# Building my very first PC, needs a little help



## athulkrishnan97 (Sep 5, 2012)

After a long time I finally have scraped together enough for a PC and I'm looking forward to your opinion . What I'm planning to do is a ryzen build while trying to keep the budget as low as possible. I'm still a college student and funds are really hard to come by :smile:. These are the components I've selected, any feedback would be deeply appreciated.

I'll approximate the price to USD as I intend use amazon India and the price is in Indian rupees

*Ram: Corsair Vengeance LPX 8GB DDR4 3000Mhz - $73*

https://www.amazon.in/gp/product/B07B4FRMGV/ref=ox_sc_act_title_1?smid=A3BAHW605HKUQD&psc=1
*
Motherboard: MSI ProSeries B450M PRO-M2 -$100*

https://www.amazon.in/gp/product/B07FJ8V8FV/ref=ox_sc_act_title_3?smid=A3V2EW7ECP49IZ&psc=1

*Processor: AMD Ryzen 5 YD1600BBAEBOX 3.2GHZ 6 Core AM4 Boxed -$186.28*

https://www.amazon.in/gp/product/B06XNRQHG4/ref=ox_sc_act_title_2?smid=A3V2EW7ECP49IZ&psc=1

*Graphics -MSI Nvidia GTX 1050 2GB (Previously bought)

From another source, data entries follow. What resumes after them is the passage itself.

-- ===== src/Streamer/Gold/Sorted.antt =====
-- The order in which gold.rs puts times and distances.
use mathlib.Core.List.{Permᴰ}
use fps_anticheat_data_platf.Prelude.{
  ◌≡◌, refl, true, false, List, [], ◌∷◌, arith, Bool-cases, inl, inr,
}
use fps_anticheat_data_platf.Prelude.Float.{Float, lt}
use fps_anticheat_data_platf.Streamer.Gold.{insert_float, sort_floats}

-- no value is less than the one before it
abbrev pub Above : Float → List Float → Type 0
Above t [] = Unit
Above t (u ∷ us) = lt u t ≡ false

abbrev pub IsAscending : List Float → Type 0
IsAscending [] = Unit
IsAscending (t ∷ us) = Above t us × IsAscending us

-- `ts` is the list in ascending order
pub record IsSortOf (xs ts : List Float) : Type 0 where
  pub ascending : IsAscending ts
  pub same : Permᴰ ts xs

lt_asymm : (a b : Float) → lt a b ≡ true → lt b a ≡ false
lt_asymm a b h = ground arith

Above-insert_float :
    (u t : Float) (us : List Float) → Above u us → lt t u ≡ false → Above u (insert_float t us)
unfolding insert_float
Above-insert_float u t [] h k = k
Above-insert_float u t (v ∷ vs) h k = elim (Bool-cases (lt v t)) [ inl e ↦ rw e h | inr e ↦ rw e k ]

insert_float-IsAscending :
    (t : Float) (us : List Float) → IsAscending us → IsAscending (insert_float t us)
unfolding insert_float
insert_float-IsAscending t [] h = (tt, tt)
insert_float-IsAscending t (u ∷ us) h = elim (Bool-cases (lt u t)) [
  | inl e ↦ rw e (Above-insert_float u t us h.0 (lt_asymm u t e), insert_float-IsAscending t us h.1)
  | inr e ↦ rw e (e, h)
]

insert_float-perm : (t : Float) (us : List Float) → Permᴰ (insert_float t us) (t ∷ us)
unfolding insert_float
insert_float-perm t [] = Permᴰ.cons refl Permᴰ.nil
insert_float-perm t (u ∷ us) = elim (Bool-cases (lt u t)) [
  | inl e ↦ rw e (Permᴰ.trans (Permᴰ.cons refl (insert_float-perm t us)) (Permᴰ.swap refl refl))
  | inr e ↦ rw e (Permᴰ.trans (Permᴰ.swap refl refl) (Permᴰ.swap refl refl))
]

pub sort_floats-IsSortOf : (xs : List Float) → IsSortOf xs (sort_floats xs)
unfolding sort_floats
sort_floats-IsSortOf [] = record { ascending = tt; same = Permᴰ.nil }
sort_floats-IsSortOf (x ∷ xs) =
    let rest = sort_floats-IsSortOf xs in
    record {
      ascending = insert_float-IsAscending x (sort_floats xs) rest.ascending;
      same = Permᴰ.trans (insert_float-perm x (sort_floats xs)) (Permᴰ.cons refl rest.same);
    }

PSU- Corsair 450W (Previously bought)*

I do have doubts regarding the case though. I am currently using a very old hp workstation (XW4600 to be exact) and was thinking whether I could use the same case for this build. It is an ATX case as far as I know and when I did my research, I came to know that a mATX mobo should fit in a ATX case. However this being a proprietary case, I do have some concerns. Hope you guys can share some insight.

Also, Would it be better if I went for an Intel build as the main purpose is to game on this system.

Thank You


----------



## Masterchiefxx17 (Feb 27, 2010)

AMD will be fine for you to use and it's cheaper for your lower budget.

I would recommend changing the memory to a dual kit, such as a 2 x 4GB kit.

Could you post a picture of the inside of your case?


----------



## athulkrishnan97 (Sep 5, 2012)

Masterchiefxx17 said:


> AMD will be fine for you to use and it's cheaper for your lower budget.
> 
> I would recommend changing the memory to a dual kit, such as a 2 x 4GB kit.
> 
> Could you post a picture of the inside of your case?


Thank you for your reply.

I had thought about going for the 2x4GB ram when I heard that ryzen performs better on dual channel ram but this mobo has only two ram slots and I wouldn't be able to add a ram stick if I wanted to upgrade in the future. Would that be a reasonable trade off to performance?


Here is the case 








https://drive.google.com/open?id=1B_f8lBWYHu5NDwL4zykdcDySZPzxb9_f
It is a bit dirty:grin:


----------



## Stancestans (Apr 26, 2009)

athulkrishnan97 said:


> Thank you for your reply.
> 
> I had thought about going for the 2x4GB ram when I heard that ryzen performs better on dual channel ram but this mobo has only two ram slots and I wouldn't be able to add a ram stick if I wanted to upgrade in the future. Would that be a reasonable trade off to performance?
> 
> ...


You could go for a different motherboard that has 4 DDR4 DIMM slots, such as the one here https://www.amazon.in/ASUS-EX-A320M...qid=1546842909&sr=1-11&pi=AC_SX118_SY170_QL70 and it's even cheaper than your choice.


----------



## brandonK (Dec 24, 2018)

Masterchiefxx17 said:


> AMD will be fine for you to use and it's cheaper for your lower budget.
> 
> I would recommend changing the memory to a dual kit, such as a 2 x 4GB kit.
> 
> Could you post a picture of the inside of your case?


Agree with masterchiefxx17 get a dual RAM.
But if you want to upgrade in future then is totally fine.

Anyways the build is quite good go with it.


----------



## tristar (Aug 12, 2008)

If it's just day to day regular stuff, you could switch to a cheaper more power efficient processor like the Ryzen 200GE which is able to get by to do your regular stuff and some games can run in atleast medium - high mode..


----------